[Saved entries]
****************

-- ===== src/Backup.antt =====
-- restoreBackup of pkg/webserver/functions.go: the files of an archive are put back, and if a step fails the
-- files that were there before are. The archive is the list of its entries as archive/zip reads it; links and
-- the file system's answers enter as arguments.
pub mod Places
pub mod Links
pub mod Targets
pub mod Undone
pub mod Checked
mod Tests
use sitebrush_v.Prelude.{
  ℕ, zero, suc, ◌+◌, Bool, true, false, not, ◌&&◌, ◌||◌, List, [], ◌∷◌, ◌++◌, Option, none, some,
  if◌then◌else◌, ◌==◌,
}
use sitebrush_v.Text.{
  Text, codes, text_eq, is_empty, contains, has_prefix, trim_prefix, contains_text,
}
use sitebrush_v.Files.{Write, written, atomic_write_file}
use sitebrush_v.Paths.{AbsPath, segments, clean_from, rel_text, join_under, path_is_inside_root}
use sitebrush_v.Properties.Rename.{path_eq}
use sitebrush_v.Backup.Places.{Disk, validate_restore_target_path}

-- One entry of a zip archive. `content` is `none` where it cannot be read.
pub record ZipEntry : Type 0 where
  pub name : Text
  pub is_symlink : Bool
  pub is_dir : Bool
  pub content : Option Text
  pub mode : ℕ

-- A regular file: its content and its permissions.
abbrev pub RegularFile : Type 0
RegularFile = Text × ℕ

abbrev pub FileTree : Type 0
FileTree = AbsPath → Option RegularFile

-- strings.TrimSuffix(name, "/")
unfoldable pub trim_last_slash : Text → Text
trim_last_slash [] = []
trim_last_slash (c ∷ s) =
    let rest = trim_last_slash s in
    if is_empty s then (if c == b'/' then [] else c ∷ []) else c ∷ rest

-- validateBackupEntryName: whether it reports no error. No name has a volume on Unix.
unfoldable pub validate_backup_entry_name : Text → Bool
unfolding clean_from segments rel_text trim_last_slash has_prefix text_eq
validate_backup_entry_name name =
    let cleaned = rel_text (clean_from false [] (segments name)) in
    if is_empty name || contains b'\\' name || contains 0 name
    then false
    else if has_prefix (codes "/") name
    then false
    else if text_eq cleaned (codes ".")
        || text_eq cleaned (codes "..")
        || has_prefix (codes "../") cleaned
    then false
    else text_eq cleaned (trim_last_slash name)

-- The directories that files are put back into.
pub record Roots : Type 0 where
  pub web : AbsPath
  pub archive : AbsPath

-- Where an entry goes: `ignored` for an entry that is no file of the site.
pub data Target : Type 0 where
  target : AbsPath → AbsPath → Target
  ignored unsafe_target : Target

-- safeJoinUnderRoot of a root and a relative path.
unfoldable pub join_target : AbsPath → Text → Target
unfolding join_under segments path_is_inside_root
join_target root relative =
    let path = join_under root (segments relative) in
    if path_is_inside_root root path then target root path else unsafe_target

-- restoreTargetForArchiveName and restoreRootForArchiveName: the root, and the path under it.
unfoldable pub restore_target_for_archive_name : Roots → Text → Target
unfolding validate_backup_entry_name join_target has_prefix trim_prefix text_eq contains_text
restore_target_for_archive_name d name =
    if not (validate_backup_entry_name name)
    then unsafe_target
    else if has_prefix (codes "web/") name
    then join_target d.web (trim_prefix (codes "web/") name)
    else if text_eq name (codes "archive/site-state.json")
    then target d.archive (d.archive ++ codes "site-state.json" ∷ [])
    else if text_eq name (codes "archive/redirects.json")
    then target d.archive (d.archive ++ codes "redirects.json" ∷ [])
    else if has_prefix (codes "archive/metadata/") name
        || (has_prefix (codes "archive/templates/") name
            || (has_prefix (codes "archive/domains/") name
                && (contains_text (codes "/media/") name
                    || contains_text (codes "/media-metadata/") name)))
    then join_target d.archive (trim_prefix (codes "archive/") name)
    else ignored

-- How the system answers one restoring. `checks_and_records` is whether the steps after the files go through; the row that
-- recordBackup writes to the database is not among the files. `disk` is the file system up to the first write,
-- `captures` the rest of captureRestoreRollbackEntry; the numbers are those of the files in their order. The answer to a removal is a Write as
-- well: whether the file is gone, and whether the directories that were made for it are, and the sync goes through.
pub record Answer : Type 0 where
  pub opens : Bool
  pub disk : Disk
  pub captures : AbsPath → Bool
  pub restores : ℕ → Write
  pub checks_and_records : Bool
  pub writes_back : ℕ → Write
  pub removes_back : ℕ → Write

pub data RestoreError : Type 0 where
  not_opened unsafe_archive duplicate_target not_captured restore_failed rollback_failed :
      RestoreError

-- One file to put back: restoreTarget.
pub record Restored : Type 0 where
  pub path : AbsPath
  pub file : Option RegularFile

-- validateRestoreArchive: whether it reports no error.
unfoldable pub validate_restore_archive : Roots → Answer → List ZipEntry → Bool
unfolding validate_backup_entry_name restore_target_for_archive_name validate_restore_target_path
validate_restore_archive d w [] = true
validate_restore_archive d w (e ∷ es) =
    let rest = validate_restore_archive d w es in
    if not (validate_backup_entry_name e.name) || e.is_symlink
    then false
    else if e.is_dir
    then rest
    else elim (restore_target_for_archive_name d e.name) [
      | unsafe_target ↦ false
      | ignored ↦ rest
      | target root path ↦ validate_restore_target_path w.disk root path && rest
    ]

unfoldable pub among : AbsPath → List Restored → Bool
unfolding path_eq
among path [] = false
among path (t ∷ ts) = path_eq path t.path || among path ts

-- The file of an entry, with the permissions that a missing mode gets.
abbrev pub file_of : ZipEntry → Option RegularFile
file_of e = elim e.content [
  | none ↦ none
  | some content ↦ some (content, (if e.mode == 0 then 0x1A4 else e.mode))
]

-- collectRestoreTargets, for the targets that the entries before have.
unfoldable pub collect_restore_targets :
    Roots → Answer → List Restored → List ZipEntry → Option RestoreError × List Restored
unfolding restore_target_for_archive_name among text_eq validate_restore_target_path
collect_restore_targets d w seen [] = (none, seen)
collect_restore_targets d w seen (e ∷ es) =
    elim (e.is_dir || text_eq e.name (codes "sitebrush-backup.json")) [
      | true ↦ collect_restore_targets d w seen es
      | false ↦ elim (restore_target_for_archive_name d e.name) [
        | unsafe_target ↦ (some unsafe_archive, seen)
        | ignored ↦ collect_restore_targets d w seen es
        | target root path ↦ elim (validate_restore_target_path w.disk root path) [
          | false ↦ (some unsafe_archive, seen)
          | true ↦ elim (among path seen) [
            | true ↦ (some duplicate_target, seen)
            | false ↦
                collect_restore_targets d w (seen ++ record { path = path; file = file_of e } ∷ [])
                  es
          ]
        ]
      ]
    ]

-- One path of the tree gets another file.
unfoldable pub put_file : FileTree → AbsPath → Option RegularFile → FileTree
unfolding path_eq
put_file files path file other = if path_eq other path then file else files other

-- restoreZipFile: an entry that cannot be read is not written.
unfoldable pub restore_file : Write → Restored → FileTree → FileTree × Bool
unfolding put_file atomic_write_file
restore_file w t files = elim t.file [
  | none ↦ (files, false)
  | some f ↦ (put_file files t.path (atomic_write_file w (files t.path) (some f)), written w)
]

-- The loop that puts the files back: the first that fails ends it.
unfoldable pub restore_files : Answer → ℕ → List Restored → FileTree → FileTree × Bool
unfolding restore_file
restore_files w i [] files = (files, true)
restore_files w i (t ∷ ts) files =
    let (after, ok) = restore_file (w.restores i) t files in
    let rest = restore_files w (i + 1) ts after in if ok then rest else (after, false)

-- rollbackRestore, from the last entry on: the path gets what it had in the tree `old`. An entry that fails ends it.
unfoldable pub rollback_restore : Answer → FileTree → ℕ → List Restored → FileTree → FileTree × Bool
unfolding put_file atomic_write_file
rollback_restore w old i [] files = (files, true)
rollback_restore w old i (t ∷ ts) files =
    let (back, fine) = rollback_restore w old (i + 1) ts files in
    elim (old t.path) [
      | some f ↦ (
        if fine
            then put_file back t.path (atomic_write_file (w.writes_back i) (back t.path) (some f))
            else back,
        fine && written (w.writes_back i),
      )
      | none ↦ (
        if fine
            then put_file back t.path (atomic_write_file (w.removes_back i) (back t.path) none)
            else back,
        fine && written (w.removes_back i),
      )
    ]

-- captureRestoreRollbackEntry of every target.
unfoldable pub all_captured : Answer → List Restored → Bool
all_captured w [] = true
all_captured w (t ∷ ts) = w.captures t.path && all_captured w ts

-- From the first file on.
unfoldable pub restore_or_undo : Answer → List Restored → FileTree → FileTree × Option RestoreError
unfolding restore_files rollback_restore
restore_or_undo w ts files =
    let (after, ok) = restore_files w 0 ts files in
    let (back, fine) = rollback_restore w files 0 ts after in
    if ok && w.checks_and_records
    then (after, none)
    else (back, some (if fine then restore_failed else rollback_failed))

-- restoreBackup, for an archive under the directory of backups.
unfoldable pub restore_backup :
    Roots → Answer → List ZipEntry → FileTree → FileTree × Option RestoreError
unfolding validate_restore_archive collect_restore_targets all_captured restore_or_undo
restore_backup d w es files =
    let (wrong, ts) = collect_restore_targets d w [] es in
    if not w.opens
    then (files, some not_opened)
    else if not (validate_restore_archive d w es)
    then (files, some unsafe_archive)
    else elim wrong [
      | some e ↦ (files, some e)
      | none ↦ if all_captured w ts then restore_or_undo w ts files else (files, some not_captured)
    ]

****************

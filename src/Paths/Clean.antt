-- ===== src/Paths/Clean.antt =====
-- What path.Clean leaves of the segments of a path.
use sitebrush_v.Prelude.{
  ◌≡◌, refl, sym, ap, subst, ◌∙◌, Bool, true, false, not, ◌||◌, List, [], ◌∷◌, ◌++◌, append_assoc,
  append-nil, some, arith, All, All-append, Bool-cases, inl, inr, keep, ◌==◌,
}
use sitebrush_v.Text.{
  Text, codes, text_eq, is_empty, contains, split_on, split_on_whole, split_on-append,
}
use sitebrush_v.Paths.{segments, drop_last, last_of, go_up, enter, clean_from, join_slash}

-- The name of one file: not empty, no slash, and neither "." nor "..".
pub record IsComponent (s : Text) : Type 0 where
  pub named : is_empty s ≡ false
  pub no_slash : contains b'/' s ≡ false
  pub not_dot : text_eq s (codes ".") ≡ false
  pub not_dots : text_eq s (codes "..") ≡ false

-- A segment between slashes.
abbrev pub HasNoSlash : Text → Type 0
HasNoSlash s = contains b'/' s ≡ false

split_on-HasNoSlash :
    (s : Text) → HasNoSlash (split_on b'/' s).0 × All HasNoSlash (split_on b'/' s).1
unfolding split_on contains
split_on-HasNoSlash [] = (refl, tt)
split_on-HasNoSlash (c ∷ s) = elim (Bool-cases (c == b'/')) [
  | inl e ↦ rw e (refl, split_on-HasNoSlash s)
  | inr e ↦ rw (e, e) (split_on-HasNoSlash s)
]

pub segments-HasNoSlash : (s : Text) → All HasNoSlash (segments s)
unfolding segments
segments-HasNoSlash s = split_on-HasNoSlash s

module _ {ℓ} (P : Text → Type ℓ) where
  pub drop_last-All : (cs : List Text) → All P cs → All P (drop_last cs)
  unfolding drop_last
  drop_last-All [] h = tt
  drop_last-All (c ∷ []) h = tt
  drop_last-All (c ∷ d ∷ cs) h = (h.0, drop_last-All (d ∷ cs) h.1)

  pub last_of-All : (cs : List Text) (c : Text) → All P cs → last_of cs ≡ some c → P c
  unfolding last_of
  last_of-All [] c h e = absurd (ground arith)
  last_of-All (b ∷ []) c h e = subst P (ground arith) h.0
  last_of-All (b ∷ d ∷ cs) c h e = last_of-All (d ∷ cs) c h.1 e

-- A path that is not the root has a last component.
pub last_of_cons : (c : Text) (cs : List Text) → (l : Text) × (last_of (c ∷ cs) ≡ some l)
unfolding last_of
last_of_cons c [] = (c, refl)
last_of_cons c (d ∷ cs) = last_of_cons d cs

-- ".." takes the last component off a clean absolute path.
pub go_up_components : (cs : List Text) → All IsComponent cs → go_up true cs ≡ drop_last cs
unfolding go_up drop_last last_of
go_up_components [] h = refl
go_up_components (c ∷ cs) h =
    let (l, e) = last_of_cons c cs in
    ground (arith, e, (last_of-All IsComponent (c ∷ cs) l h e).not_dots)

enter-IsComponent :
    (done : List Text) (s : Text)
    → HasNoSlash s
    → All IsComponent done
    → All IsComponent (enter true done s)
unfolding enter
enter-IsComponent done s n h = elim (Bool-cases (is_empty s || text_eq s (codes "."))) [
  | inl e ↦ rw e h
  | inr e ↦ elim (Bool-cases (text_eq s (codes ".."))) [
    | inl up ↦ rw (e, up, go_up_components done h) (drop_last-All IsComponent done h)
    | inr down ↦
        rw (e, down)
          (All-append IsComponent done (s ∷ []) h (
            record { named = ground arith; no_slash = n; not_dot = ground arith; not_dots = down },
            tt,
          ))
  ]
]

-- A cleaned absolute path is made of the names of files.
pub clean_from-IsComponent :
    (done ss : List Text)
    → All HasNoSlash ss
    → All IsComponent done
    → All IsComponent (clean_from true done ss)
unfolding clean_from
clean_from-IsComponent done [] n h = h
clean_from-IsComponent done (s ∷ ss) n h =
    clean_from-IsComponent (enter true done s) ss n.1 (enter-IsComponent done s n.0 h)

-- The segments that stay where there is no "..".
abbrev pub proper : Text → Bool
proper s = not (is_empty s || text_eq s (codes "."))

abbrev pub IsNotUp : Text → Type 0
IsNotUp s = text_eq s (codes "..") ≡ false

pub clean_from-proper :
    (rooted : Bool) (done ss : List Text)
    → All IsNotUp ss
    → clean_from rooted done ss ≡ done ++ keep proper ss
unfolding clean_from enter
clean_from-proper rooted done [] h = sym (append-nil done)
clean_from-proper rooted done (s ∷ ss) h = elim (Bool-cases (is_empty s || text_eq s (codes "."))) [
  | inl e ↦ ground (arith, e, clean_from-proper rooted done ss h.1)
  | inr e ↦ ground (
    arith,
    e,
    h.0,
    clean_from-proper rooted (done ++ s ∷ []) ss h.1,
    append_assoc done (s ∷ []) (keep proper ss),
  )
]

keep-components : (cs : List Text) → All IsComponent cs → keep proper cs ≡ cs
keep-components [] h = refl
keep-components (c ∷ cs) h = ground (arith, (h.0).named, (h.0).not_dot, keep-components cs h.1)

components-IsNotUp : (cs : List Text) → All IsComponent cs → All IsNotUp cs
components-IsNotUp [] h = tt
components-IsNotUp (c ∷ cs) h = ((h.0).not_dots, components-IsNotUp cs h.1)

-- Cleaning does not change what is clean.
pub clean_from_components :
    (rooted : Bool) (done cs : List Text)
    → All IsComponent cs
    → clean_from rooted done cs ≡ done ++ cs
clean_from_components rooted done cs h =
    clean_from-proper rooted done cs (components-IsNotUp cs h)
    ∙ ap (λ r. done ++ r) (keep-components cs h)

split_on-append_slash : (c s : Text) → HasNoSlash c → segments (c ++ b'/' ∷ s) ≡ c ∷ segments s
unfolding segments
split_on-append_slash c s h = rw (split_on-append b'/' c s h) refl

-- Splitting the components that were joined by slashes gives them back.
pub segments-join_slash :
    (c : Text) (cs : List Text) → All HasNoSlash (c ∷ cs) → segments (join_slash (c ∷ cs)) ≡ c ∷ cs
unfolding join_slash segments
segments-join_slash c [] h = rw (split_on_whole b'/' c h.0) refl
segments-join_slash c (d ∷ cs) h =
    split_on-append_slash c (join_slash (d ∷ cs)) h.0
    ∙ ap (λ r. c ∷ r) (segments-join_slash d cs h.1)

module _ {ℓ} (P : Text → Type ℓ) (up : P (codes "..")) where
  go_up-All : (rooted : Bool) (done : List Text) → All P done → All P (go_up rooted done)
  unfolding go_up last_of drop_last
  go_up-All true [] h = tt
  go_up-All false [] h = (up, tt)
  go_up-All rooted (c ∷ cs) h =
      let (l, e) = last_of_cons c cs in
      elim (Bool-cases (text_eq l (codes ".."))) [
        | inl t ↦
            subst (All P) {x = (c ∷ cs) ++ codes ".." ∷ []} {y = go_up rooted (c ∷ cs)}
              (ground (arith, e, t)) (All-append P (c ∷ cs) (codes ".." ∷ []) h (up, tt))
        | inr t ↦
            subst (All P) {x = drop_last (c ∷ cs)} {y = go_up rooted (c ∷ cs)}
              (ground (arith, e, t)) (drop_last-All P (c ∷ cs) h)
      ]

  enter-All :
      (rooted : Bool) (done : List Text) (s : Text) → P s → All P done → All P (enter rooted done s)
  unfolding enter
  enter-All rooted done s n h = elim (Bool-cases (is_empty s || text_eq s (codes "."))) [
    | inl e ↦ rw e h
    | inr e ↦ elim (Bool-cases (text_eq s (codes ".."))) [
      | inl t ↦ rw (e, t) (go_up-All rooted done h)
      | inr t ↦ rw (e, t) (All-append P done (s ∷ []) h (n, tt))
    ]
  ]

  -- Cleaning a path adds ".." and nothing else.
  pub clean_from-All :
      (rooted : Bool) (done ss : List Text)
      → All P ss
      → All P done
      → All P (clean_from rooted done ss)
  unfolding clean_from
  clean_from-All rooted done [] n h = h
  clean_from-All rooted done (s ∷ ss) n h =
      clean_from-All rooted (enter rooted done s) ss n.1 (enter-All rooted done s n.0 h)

****************

#### Problem
Give back exactly the lines above starting at the line where "unfoldable pub put_file" appears and ending at the line where "-- restoreZipFile: an" appears, both included, with no other lines.

#### Answer section
unfoldable pub put_file : FileTree → AbsPath → Option RegularFile → FileTree
unfolding path_eq
put_file files path file other = if path_eq other path then file else files other

-- restoreZipFile: an entry that cannot be read is not written.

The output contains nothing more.